Somewhat different points of view on surprise were put forward by emotion theorists Ekman, Friesen and Izard over the last decades. They accepted a categorical approach to emotions and deemed surprise as one of the six basic emotions. Surprise differs from other emotions. It is based on its distinct indications including facial and verbal expressions. Many psychologists disagree on whether surprise can be regarded as emotion, for the reason that valenced reaction, determined by eliciting situation, is not involved. They think that it can be neither pleasant, nor unpleasant. It is generally accepted that every emotion should be one or another. Nevertheless, Paul Ekman points out the fact that surprise is a true emotion (Celle et al, 2017).

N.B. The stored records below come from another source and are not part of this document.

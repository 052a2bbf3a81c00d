-- ===== src/Types/PowerOfTwo.antt =====
-- `is_power_of_two` accepts the powers of two and nothing else.
use native.Mathlib.Nat.{pow-suc, mod_self}
use chronos_x.Base.{
  ℕ, suc, ◌-◌, ◌*◌, ◌/◌, ◌%◌, ◌^◌, ◌≡◌, ◌≢◌, ◌↔◌, true, refl, arith, bit_and, dec_lt, dec_le, ◌∙◌,
  ◌<◌, ◌≤◌, u64_mod,
}
use chronos_x.Base.Bits.{bit_and_step, bit_and_self, bit_and_mask, halving}
use chronos_x.Base.Powers.{pow_pos, mod_pow_mod, pow-le-pow}
use chronos_x.Types.{is_power_of_two}

abbrev IsPower : ℕ → Type 0
IsPower v = (k : ℕ) × (v ≡ 2 ^ k)

-- Clearing the lowest one of an odd number, and of an even one.
odd_low : (v : ℕ) → v % 2 ≡ 1 → bit_and v (v - 1) ≡ v - 1
odd_low v h = ground (arith, bit_and_step v (v - 1), bit_and_self (v / 2))

even_low : (v : ℕ) → v % 2 ≡ 0 → v ≢ 0 → bit_and v (v - 1) ≡ bit_and (v / 2) (v / 2 - 1) * 2
even_low v h p = ground (arith, bit_and_step v (v - 1))

IsPower-of_half : (v : ℕ) → v % 2 ≡ 0 → IsPower (v / 2) → IsPower v
IsPower-of_half v h (k, e) = (suc k, omega (arith, pow-suc 2 k))

IsPower-of_cleared : (v : ℕ) → v ≢ 0 → bit_and v (v - 1) ≡ 0 → IsPower v
IsPower-of_cleared =
    halving (λ v. v ≢ 0 → bit_and v (v - 1) ≡ 0 → IsPower v) (λ p q. absurd (p refl))
      λ a ih p q. elim (dec_lt 0 (suc a % 2)) [
        | yes odd ↦ (0, omega (arith, odd_low (suc a)))
        | no even ↦
            IsPower-of_half (suc a) (omega arith)
              (ih (omega arith) (omega (arith, even_low (suc a))))
      ]

-- The test holds exactly of the numbers `2 ^ k`.
pub is_power_of_two_iff : (v : ℕ) → (is_power_of_two v ≡ true) ↔ ((k : ℕ) × (v ≡ 2 ^ k))
unfolding is_power_of_two
is_power_of_two_iff v = (
  λ h. IsPower-of_cleared v (ground arith) (ground arith),
  λ (k, e). ground (arith, pow_pos k, cleared k e),
)
  where
    cleared : (k : ℕ) → v ≡ 2 ^ k → bit_and v (v - 1) ≡ 0
    cleared k e = rw e (bit_and_mask k (2 ^ k) ∙ mod_self (2 ^ k))

-- Masking by a power of two less one is the remainder.
pub bit_and_capacity : (c x : ℕ) → is_power_of_two c ≡ true → bit_and x (c - 1) ≡ x % c
bit_and_capacity c x p = let (k, e) = (is_power_of_two_iff c).0 p in rw e (bit_and_mask k x)

pub capacity_pos : (c : ℕ) → is_power_of_two c ≡ true → 0 < c
capacity_pos c p = let (k, e) = (is_power_of_two_iff c).0 p in omega (arith, pow_pos k)

-- A counter that wraps at the word size keeps its index in a ring.
pub u64-mod_capacity : (c x : ℕ) → is_power_of_two c ≡ true → c < u64_mod → x % u64_mod % c ≡ x % c
u64-mod_capacity c x p lt =
    let (k, e) = (is_power_of_two_iff c).0 p in rw e (mod_pow_mod k 64 x (small k e))
  where
    small : (k : ℕ) → c ≡ 2 ^ k → k ≤ 64
    small k e = elim (dec_le k 64) [
      | yes h ↦ h
      | no h ↦ absurd (omega (arith, pow-le-pow 64 k (omega arith)))
    ]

Thus, we can conclude that surprise is an ambivalent emotion. Its valence is predetermined by the qualities of the situation of perception. Let us now consider in more detail how the ambivalent qualities of the emotion in question are marked by verbal means. According to V. I. Shakhovskyi (2008), the emotion that finds its manifestation in language or a person's speech is called an “emotive”.

Emotives of Surprise in Poetic Texts

Whereas emotions are instinctive spontaneous manifestations of emotional experiences, emotives are comprehensible manifestations of emotions projected via language means and directed at a recipient. Thus, verbally emotions are manifested in the form of emotives. Emotives are presented on all language levels: phonetic, morphological, lexical and syntactical. Each of them has its specific set of means (Yemelyanova, & Yurko, 2014).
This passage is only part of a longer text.